Segment Open
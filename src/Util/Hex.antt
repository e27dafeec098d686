-- ===== src/Util/Hex.antt =====
-- `bytes_to_hex_string` and `hex_string_to_bytes`.
use netsystem.Base.{
  zero, suc, ℕ, ◌+◌, ◌-◌, ◌*◌, ◌/◌, ◌%◌, ◌^◌, ◌<◌, ◌≡◌, refl, sym, ap, ◌∙◌, Bool, true, false, ◌&&◌,
  ◌||◌, List, [], ◌∷◌, ◌++◌, append-nil, append_assoc, if◌then◌else◌, leb, ◌==◌, get_elem?, Option,
  some, none, ◌>>=◌, arith,
}

-- the table of `int_to_hex_char`
abbrev hex_chars : List ℕ
hex_chars = 48 ∷ 49 ∷ 50 ∷ 51 ∷ 52 ∷ 53 ∷ 54 ∷ 55 ∷ 56 ∷ 57 ∷ 65 ∷ 66 ∷ 67 ∷ 68 ∷ 69 ∷ 70 ∷ []

unfoldable pub int_to_hex_char : ℕ → Option ℕ
int_to_hex_char x = get_elem? hex_chars x

-- `toupper`, `isdigit` and `isalpha` of the C locale
unfoldable pub to_upper : ℕ → ℕ
to_upper c = if leb 97 c && leb c 122 then c - 32 else c

unfoldable pub is_digit : ℕ → Bool
is_digit c = leb 48 c && leb c 57

unfoldable pub is_alpha : ℕ → Bool
is_alpha c = leb 65 c && leb c 90 || leb 97 c && leb c 122

-- The letter is read in upper case for the test, and as it stands for the value.
unfoldable pub hex_char_to_int : ℕ → ℕ
hex_char_to_int hex =
    if is_digit (to_upper hex)
    then hex - 48
    else (if is_alpha (to_upper hex) then hex - 65 + 10 else 0)

-- The body of the loop, with the text up to it. No blank follows the last byte.
unfoldable pub append_byte : List ℕ → ℕ → (last : Bool) → Option (List ℕ)
append_byte str t last = int_to_hex_char (t / 16) >>= (λ a.
    int_to_hex_char (t % 16)
    >>= (λ b. some (str ++ (a ∷ b ∷ []) ++ (if last then [] else 32 ∷ []))))

unfoldable pub is_empty : List ℕ → Bool
is_empty [] = true
is_empty (_ ∷ _) = false

unfoldable pub hex_from : List ℕ → List ℕ → Option (List ℕ)
hex_from str [] = some str
hex_from str (t ∷ bytes) = append_byte str t (is_empty bytes) >>= (λ str'. hex_from str' bytes)

unfoldable pub bytes_to_hex_string : List ℕ → Option (List ℕ)
bytes_to_hex_string bytes = hex_from [] bytes

-- The parts between the blanks, with the bytes since the last blank. An empty last part is left out.
unfoldable pub parts_from : List ℕ → List ℕ → List (List ℕ)
parts_from part [] = if is_empty part then [] else part ∷ []
parts_from part (c ∷ str) =
    let rest = parts_from (if c == 32 then [] else part ++ (c ∷ [])) str in
    if c == 32 then part ∷ rest else rest

-- `vec[i][0]` and `vec[i][1]`. The byte at the length of a string is 0, and behind it is none.
unfoldable pub part_to_byte : List ℕ → Option ℕ
part_to_byte [] = none
part_to_byte (a ∷ []) = some ((hex_char_to_int a * 16 + hex_char_to_int 0) % 2 ^ 8)
part_to_byte (a ∷ b ∷ _) = some ((hex_char_to_int a * 16 + hex_char_to_int b) % 2 ^ 8)

unfoldable pub parts_to_bytes : List (List ℕ) → Option (List ℕ)
parts_to_bytes [] = some []
parts_to_bytes (part ∷ parts) =
    part_to_byte part >>= (λ byte. parts_to_bytes parts >>= (λ bytes. some (byte ∷ bytes)))

-- The bytes that are stored in `out`, which has to have room for them. Their count is the result.
unfoldable pub hex_string_to_bytes : List ℕ → Option (List ℕ)
hex_string_to_bytes str = parts_to_bytes (parts_from [] str)

-- All bytes are bytes.
unfoldable pub AreBytes : List ℕ → Type 0
AreBytes [] = Unit
AreBytes (t ∷ bytes) = (t < 2 ^ 8) × AreBytes bytes

-- A digit and back.
digit_lem :
    (x : ℕ)
    → x < 16
    → (c : ℕ) × (int_to_hex_char x ≡ some c) × (hex_char_to_int c ≡ x) × ((c == 32) ≡ false)
unfolding int_to_hex_char hex_char_to_int is_digit is_alpha to_upper
digit_lem zero h = (48, refl, refl, refl)
digit_lem (suc zero) h = (49, refl, refl, refl)
digit_lem (suc (suc zero)) h = (50, refl, refl, refl)
digit_lem (suc (suc (suc zero))) h = (51, refl, refl, refl)
digit_lem (suc (suc (suc (suc zero)))) h = (52, refl, refl, refl)
digit_lem (suc (suc (suc (suc (suc zero))))) h = (53, refl, refl, refl)
digit_lem (suc (suc (suc (suc (suc (suc zero)))))) h = (54, refl, refl, refl)
digit_lem (suc (suc (suc (suc (suc (suc (suc zero))))))) h = (55, refl, refl, refl)
digit_lem (suc (suc (suc (suc (suc (suc (suc (suc zero)))))))) h = (56, refl, refl, refl)
digit_lem (suc (suc (suc (suc (suc (suc (suc (suc (suc zero))))))))) h = (57, refl, refl, refl)
digit_lem (suc (suc (suc (suc (suc (suc (suc (suc (suc (suc zero)))))))))) h =
    (65, refl, refl, refl)
digit_lem (suc (suc (suc (suc (suc (suc (suc (suc (suc (suc (suc zero))))))))))) h =
    (66, refl, refl, refl)
digit_lem (suc (suc (suc (suc (suc (suc (suc (suc (suc (suc (suc (suc zero)))))))))))) h =
    (67, refl, refl, refl)
digit_lem (suc (suc (suc (suc (suc (suc (suc (suc (suc (suc (suc (suc (suc zero))))))))))))) h =
    (68, refl, refl, refl)
digit_lem (suc (suc (suc (suc (suc (suc (suc (suc (suc (suc (suc (suc (suc (suc zero))))))))))))))
      h =
    (69, refl, refl, refl)
digit_lem
      (suc (suc (suc (suc (suc (suc (suc (suc (suc (suc (suc (suc (suc (suc (suc zero)))))))))))))))
      h =
    (70, refl, refl, refl)
digit_lem
      (suc
        (suc (suc (suc (suc (suc (suc (suc (suc (suc (suc (suc (suc (suc (suc (suc n))))))))))))))))
      h =
    absurd (omega arith)

parts-two :
    (a b : ℕ) (str : List ℕ)
    → (a == 32) ≡ false
    → (b == 32) ≡ false
    → parts_from [] (a ∷ b ∷ str) ≡ parts_from (a ∷ b ∷ []) str
unfolding parts_from
parts-two a b str na nb = rw (na, nb) refl

-- The two digits of a byte.
record Digits (t : ℕ) : Type 0 where
  a : ℕ
  b : ℕ
  appends :
      (str : List ℕ) (last : Bool)
      → append_byte str t last ≡ some (str ++ (a ∷ b ∷ []) ++ (if last then [] else 32 ∷ []))
  reads : part_to_byte (a ∷ b ∷ []) ≡ some t
  splits : (str : List ℕ) → parts_from [] (a ∷ b ∷ str) ≡ parts_from (a ∷ b ∷ []) str

digits : (t : ℕ) → t < 2 ^ 8 → Digits t
unfolding append_byte part_to_byte
digits t h =
    let (a, ea, va, na) = digit_lem (t / 16) (omega arith) in
    let (b, eb, vb, nb) = digit_lem (t % 16) (omega arith) in
    record {
      a = a;
      b = b;
      appends = λ str last. rw (ea, eb) refl;
      reads = ap some (omega (arith, va, vb));
      splits = λ str. parts-two a b str na nb;
    }

parts_to_bytes-cons :
    (part : List ℕ) (parts : List (List ℕ)) (t : ℕ) (bytes : List ℕ)
    → part_to_byte part ≡ some t
    → parts_to_bytes parts ≡ some bytes
    → parts_to_bytes (part ∷ parts) ≡ some (t ∷ bytes)
unfolding parts_to_bytes
parts_to_bytes-cons part parts t bytes e es = rw (e, es) refl

hex_from_lem :
    (bytes : List ℕ)
    → AreBytes bytes
    → (str : List ℕ)
    → (s : List ℕ) × (hex_from str bytes ≡ some (str ++ s))
      × (parts_to_bytes (parts_from [] s) ≡ some bytes)
unfolding AreBytes hex_from parts_from parts_to_bytes is_empty
hex_from_lem [] bs str = ([], ap some (sym (append-nil str)), refl)
hex_from_lem (t ∷ []) (h, bs) str =
    let d = digits t h in
    (
      d.a ∷ d.b ∷ [],
      ap (λ m. m >>= (λ str'. hex_from str' [])) (d.appends str true)
          ∙ ap some (append-nil (str ++ (d.a ∷ d.b ∷ []))),
      ap parts_to_bytes (d.splits []) ∙ parts_to_bytes-cons (d.a ∷ d.b ∷ []) [] t [] d.reads refl,
    )
hex_from_lem (t ∷ u ∷ bytes) (h, bs) str =
    let d = digits t h in
    let (s, e, r) = hex_from_lem (u ∷ bytes) bs (str ++ (d.a ∷ d.b ∷ []) ++ (32 ∷ [])) in
    (
      d.a ∷ d.b ∷ 32 ∷ s,
      ap (λ m. m >>= (λ str'. hex_from str' (u ∷ bytes))) (d.appends str false)
          ∙ e
          ∙ ap some (
              append_assoc (str ++ (d.a ∷ d.b ∷ [])) (32 ∷ []) s
              ∙ append_assoc str (d.a ∷ d.b ∷ []) (32 ∷ s)),
      ap parts_to_bytes (d.splits (32 ∷ s))
          ∙ parts_to_bytes-cons (d.a ∷ d.b ∷ []) (parts_from [] s) t (u ∷ bytes) d.reads r,
    )

-- Bytes that are written as hexadecimal text and read back are the same bytes, however many there are,
-- and no read is out of bounds on the way.
pub hex_string_to_bytes-bytes_to_hex_string :
    (bytes : List ℕ)
    → AreBytes bytes
    → (bytes_to_hex_string bytes >>= hex_string_to_bytes) ≡ some bytes
unfolding bytes_to_hex_string hex_string_to_bytes
hex_string_to_bytes-bytes_to_hex_string bytes bs =
    let (s, e, r) = hex_from_lem bytes bs [] in ap (λ m. m >>= hex_string_to_bytes) e ∙ r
Segment Closed
An exact copy of the lines above, from the one containing "-- the table" through the one containing "int_to_hex_char x = get_elem? hex_chars x", is the whole of the answer.

RESPONSE AREA:
-- the table of `int_to_hex_char`
abbrev hex_chars : List ℕ
hex_chars = 48 ∷ 49 ∷ 50 ∷ 51 ∷ 52 ∷ 53 ∷ 54 ∷ 55 ∷ 56 ∷ 57 ∷ 65 ∷ 66 ∷ 67 ∷ 68 ∷ 69 ∷ 70 ∷ []

unfoldable pub int_to_hex_char : ℕ → Option ℕ
int_to_hex_char x = get_elem? hex_chars x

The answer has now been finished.